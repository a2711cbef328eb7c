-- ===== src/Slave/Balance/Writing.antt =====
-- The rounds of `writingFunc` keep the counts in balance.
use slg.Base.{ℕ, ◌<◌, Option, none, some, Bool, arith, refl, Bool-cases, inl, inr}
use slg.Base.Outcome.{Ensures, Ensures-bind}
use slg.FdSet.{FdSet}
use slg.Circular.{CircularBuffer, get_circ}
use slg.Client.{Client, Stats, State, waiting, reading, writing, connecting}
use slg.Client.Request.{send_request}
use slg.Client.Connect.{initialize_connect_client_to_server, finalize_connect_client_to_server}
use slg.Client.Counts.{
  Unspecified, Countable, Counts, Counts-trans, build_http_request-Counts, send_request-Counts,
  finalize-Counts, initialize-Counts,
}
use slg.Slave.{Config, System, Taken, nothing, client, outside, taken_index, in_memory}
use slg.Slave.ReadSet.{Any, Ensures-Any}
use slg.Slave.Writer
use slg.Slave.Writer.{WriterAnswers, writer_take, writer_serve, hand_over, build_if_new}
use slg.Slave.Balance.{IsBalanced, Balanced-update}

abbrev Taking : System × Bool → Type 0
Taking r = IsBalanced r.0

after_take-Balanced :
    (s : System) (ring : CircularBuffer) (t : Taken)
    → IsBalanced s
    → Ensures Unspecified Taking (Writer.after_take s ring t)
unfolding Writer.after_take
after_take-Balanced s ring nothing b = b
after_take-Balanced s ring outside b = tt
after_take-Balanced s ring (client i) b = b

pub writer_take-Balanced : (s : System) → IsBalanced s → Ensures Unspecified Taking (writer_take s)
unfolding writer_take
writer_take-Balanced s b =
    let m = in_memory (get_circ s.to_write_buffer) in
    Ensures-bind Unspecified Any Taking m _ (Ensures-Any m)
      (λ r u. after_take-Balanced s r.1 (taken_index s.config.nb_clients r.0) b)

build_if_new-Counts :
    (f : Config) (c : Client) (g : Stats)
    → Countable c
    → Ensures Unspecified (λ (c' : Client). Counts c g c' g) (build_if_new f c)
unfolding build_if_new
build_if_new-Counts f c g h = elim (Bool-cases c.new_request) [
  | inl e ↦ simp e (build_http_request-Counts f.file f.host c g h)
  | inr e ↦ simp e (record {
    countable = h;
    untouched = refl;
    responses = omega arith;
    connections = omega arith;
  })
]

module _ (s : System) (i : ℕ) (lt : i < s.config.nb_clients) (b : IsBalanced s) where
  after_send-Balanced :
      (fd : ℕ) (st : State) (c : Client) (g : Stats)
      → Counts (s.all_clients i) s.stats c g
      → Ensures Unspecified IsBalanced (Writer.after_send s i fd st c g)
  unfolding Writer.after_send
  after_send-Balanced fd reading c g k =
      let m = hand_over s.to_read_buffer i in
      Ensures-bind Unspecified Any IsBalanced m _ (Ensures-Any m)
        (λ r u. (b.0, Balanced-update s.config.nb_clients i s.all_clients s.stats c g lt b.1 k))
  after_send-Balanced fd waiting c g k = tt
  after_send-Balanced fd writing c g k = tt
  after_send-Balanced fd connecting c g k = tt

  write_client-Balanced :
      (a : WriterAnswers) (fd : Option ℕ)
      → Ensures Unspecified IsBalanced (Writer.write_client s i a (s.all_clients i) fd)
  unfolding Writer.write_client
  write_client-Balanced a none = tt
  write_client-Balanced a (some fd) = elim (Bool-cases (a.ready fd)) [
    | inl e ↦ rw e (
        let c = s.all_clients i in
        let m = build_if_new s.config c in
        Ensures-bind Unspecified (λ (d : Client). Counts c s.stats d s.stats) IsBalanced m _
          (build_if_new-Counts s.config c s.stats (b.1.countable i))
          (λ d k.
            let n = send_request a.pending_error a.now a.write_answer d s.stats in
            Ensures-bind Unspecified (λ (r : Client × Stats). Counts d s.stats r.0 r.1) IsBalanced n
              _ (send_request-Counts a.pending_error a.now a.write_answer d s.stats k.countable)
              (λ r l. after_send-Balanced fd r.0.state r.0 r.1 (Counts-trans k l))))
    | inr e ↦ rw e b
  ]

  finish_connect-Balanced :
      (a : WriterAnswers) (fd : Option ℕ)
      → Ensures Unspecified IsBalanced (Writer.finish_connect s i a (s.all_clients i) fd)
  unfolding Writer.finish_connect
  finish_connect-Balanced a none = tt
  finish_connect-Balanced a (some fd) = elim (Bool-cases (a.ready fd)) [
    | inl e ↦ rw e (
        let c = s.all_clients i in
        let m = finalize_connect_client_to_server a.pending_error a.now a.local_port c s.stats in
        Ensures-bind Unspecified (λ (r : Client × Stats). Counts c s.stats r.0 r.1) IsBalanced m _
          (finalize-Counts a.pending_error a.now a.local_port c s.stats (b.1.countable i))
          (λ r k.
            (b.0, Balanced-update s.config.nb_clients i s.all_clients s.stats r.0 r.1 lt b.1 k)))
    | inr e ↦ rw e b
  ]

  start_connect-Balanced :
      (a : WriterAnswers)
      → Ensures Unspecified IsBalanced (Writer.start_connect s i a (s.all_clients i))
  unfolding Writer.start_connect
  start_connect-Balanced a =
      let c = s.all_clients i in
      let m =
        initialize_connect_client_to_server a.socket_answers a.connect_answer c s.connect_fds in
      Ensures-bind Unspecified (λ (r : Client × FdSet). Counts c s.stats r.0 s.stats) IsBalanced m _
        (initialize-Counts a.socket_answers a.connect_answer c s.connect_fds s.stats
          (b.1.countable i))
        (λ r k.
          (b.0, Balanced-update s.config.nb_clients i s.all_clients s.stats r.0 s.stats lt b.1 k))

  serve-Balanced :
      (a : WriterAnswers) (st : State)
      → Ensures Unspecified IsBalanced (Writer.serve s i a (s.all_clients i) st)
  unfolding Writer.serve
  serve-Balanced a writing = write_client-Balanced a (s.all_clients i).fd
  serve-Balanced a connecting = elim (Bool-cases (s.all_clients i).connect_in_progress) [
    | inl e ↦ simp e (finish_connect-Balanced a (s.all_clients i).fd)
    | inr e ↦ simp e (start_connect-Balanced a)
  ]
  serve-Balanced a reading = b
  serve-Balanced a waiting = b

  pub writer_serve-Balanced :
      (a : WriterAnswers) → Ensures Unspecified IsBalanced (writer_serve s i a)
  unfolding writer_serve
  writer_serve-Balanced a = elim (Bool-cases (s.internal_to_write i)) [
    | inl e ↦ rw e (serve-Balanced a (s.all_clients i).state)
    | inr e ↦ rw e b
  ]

## Task statement
List every line from the entries above in which "connecting" appears.

## Answer to the exercise
use slg.Client.{Client, Stats, State, waiting, reading, writing, connecting}
  after_send-Balanced fd connecting c g k = tt
  serve-Balanced a connecting = elim (Bool-cases (s.all_clients i).connect_in_progress) [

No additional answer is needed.